An accurate geometric contact force model for super-quadric particles

Abstract

Inter-particle contact force calculation between non-spherical particles is a fundamental problem in discrete element method (DEM) with yet no conclusive solutions. This paper presents a general geometric force model (GFM) to calculate contact forces and contact areas between particles with smooth surfaces. Special attention is paid to accurate calculation of the original geometric parameters defined in Hertz theory instead of using the simplified models currently adopted. In particular, a recently proposed mathematical technique is implemented to reliably calculate the principal curvatures and principal directions. The new model is applied to super-quadric particles. In particular, the prediction of the model is compared to those by the simplified models and the accurate contact force database in a comprehensive way based on orientation discretization. The accurate contact force database is obtained by the sub-particle scale finite element method (FEM), and a script is developed to automate the set-up of the FEM model for different contact scenarios.

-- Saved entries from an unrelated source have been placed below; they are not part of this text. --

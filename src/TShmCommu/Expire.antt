-- ===== src/TShmCommu/Expire.antt =====
-- The flows of CTShmCommu (shmcommu.cpp) that wait for an answer, and the check for those that have
-- waited too long.
use spp_server_frame_work.Base.{
  ℕ, suc, ◌+◌, ◌^◌, ◌<◌, ◌≤◌, ◌≡◌, inl, inr, refl, ap, ◌∙◌, Bool, List, [], ◌∷◌, ◌++◌, Option, none,
  some, ltb, ◌==◌, if◌then◌else◌, sub32, arith, lt→ltb, le→not_ltb, Bool-cases, ==-refl,
  ==-eq_false, ℕ_discrete,
}
use mathlib.Core.Option.{none-ne-some}
use spp_server_frame_work.TShmCommu.{
  Callback, cb_timeout, Event, ExpireMap, TShmCommu, call, expire, taken_over, check_expire,
}

-- The flows of a map are above a bound and in rising order.
abbrev pub IsAbove : ℕ → ExpireMap → Type 0
IsAbove b [] = Unit {0}
IsAbove b ((f, t) ∷ m) = (b ≤ f) × IsAbove (suc f) m

unfoldable pub find : ℕ → ExpireMap → Option ℕ
find flow [] = none
find flow ((f, t) ∷ m) = if f == flow then some t else find flow m

IsAbove-weaken : (b c : ℕ) (m : ExpireMap) → c ≤ b → IsAbove b m → IsAbove c m
IsAbove-weaken b c [] h v = tt
IsAbove-weaken b c ((f, t) ∷ m) h v = (omega arith, v.1)

find_below : (flow b : ℕ) (m : ExpireMap) → flow < b → IsAbove b m → find flow m ≡ none
unfolding find
find_below flow b [] h v = refl
find_below flow b ((f, t) ∷ m) h v =
    rw (==-eq_false f flow (λ e. omega arith)) (find_below flow (suc f) m (omega arith) v.1)

-- What a check leaves of an entry.
pub keep_fresh : ℕ → Option ℕ → Option ℕ
keep_fresh deadline none = none
keep_fresh deadline (some t) = if ltb t deadline then none else some t

find-expire :
    (registered : Callback → Bool) (buff : List ℕ) (deadline flow b : ℕ) (m : ExpireMap)
    → IsAbove b m
    → find flow ((expire registered buff deadline m).1) ≡ keep_fresh deadline (find flow m)
unfolding find expire keep_fresh
find-expire registered buff deadline flow b [] v = refl
find-expire registered buff deadline flow b ((f, t) ∷ m) v =
    let ih = find-expire registered buff deadline flow (suc f) m v.1 in
    elim (ℕ_discrete f flow) [
      | yes e ↦ elim (Bool-cases (ltb t deadline)) [
        | inl old ↦
            rw (old, e, ==-refl flow)
              (rw (keep_fresh, old)
                (ih ∙ ap (keep_fresh deadline) (find_below flow (suc f) m (omega arith) v.1)))
        | inr fresh ↦ rw (fresh, e, ==-refl flow) (rw (keep_fresh, fresh) refl)
      ]
      | no ne ↦ elim (Bool-cases (ltb t deadline)) [
        | inl old ↦ rw (old, ==-eq_false f flow ne) ih
        | inr fresh ↦ rw (fresh, ==-eq_false f flow ne) ih
      ]
    ]

taken_over-some : (old new : ExpireMap) (g t : ℕ) → find g new ≡ some t → taken_over old new ≡ new
unfolding find taken_over
taken_over-some old [] g t h = absurd (none-ne-some t h)
taken_over-some old (e ∷ m) g t h = refl

stays : (deadline t : ℕ) → deadline ≤ t → keep_fresh deadline (some t) ≡ some t
unfolding keep_fresh
stays deadline t h = rw (le→not_ltb t deadline h) refl

-- With the last check over a minute ago, a map in the order of its flows, and one flow in it that has
-- not waited too long: the check drops just the flows that have.
pub find-check_expire :
    (registered : Callback → Bool) (now : ℕ) (c : TShmCommu) (flow g t : ℕ)
    → c.lastchecktime + 60 < now
    → IsAbove 0 c.expiremap
    → find g c.expiremap ≡ some t
    → sub32 now c.expiretime ≤ t
    → find flow ((check_expire registered now c).0.expiremap)
      ≡ keep_fresh (sub32 now c.expiretime) (find flow c.expiremap)
unfolding check_expire
find-check_expire registered now c flow g t due v found fresh =
    let deadline = sub32 now c.expiretime in
    let kept : find g ((expire registered c.buff deadline c.expiremap).1) ≡ some t =
      find-expire registered c.buff deadline g 0 c.expiremap v
      ∙ ap (keep_fresh deadline) found
      ∙ stays deadline t fresh in
    rw
      (
        lt→ltb (c.lastchecktime + 60) now due,
        taken_over-some c.expiremap ((expire registered c.buff deadline c.expiremap).1) g t kept,
      )
      (find-expire registered c.buff deadline flow 0 c.expiremap v)

-- Every flow of the map has waited too long.
abbrev pub AllBefore : ℕ → ExpireMap → Type 0
AllBefore deadline [] = Unit {0}
AllBefore deadline ((f, t) ∷ m) = (t < deadline) × AllBefore deadline m

AllBefore-mono : (d d' : ℕ) (m : ExpireMap) → d ≤ d' → AllBefore d m → AllBefore d' m
AllBefore-mono d d' [] h v = tt
AllBefore-mono d d' ((f, t) ∷ m) h v = (omega arith, AllBefore-mono d d' m h v.1)

-- The time-out callbacks for all flows of a map.
pub timeouts : (Callback → Bool) → List ℕ → ExpireMap → List Event
timeouts registered buff [] = []
timeouts registered buff ((f, t) ∷ m) =
    call registered cb_timeout f buff ++ timeouts registered buff m

expire-AllBefore :
    (registered : Callback → Bool) (buff : List ℕ) (deadline : ℕ) (m : ExpireMap)
    → AllBefore deadline m
    → expire registered buff deadline m ≡ (timeouts registered buff m, [])
unfolding expire timeouts
expire-AllBefore registered buff deadline [] v = refl
expire-AllBefore registered buff deadline ((f, t) ∷ m) v =
    rw (expire, expire-AllBefore registered buff deadline m v.1, lt→ltb t deadline v.0) refl

check_expire-all :
    (registered : Callback → Bool) (now : ℕ) (c : TShmCommu)
    → c.lastchecktime + 60 < now
    → AllBefore (sub32 now c.expiretime) c.expiremap
    → check_expire registered now c
      ≡ (record c { lastchecktime = now }, timeouts registered c.buff c.expiremap)
unfolding check_expire taken_over
check_expire-all registered now c due v =
    rw
      (
        check_expire,
        lt→ltb (c.lastchecktime + 60) now due,
        expire-AllBefore registered c.buff (sub32 now c.expiretime) c.expiremap v,
      )
      refl

-- With the last check over a minute ago and every flow of the map waiting too long: the check reports
-- every flow, and leaves the map as it was, so that the next check reports the same flows again.
pub check_expire-again :
    (registered : Callback → Bool) (now later : ℕ) (c : TShmCommu)
    → c.lastchecktime + 60 < now
    → now + 60 < later
    → later < 2 ^ 32
    → c.expiretime ≤ now
    → AllBefore (sub32 now c.expiretime) c.expiremap
    → (let (c1, first) = check_expire registered now c in
        let (c2, second) = check_expire registered later c1 in
        (first ≡ timeouts registered c.buff c.expiremap)
        × (second ≡ first)
        × (c2.expiremap ≡ c.expiremap))
check_expire-again registered now later c due due' small past v =
    let once = check_expire-all registered now c due v in
    let c1 : TShmCommu = record c { lastchecktime = now } in
    let twice = check_expire-all registered later c1 due' (
      AllBefore-mono (sub32 now c.expiretime) (sub32 later c.expiretime) c.expiremap (omega arith)
        v) in
    rw once (rw twice (refl, refl, refl))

The comparisons show that the new model is obviously more accurate than the simplified models, and the analysis depicts that the errors of the simplified models result from the simplified geometric parameters. Such errors also affect the prediction of the contact area, which is important to the transport properties of particle assemblies. The new force model can be used in DEM to improve the accuracy of the simulation, and can also be useful to the contact mechanics of non-spherical elements.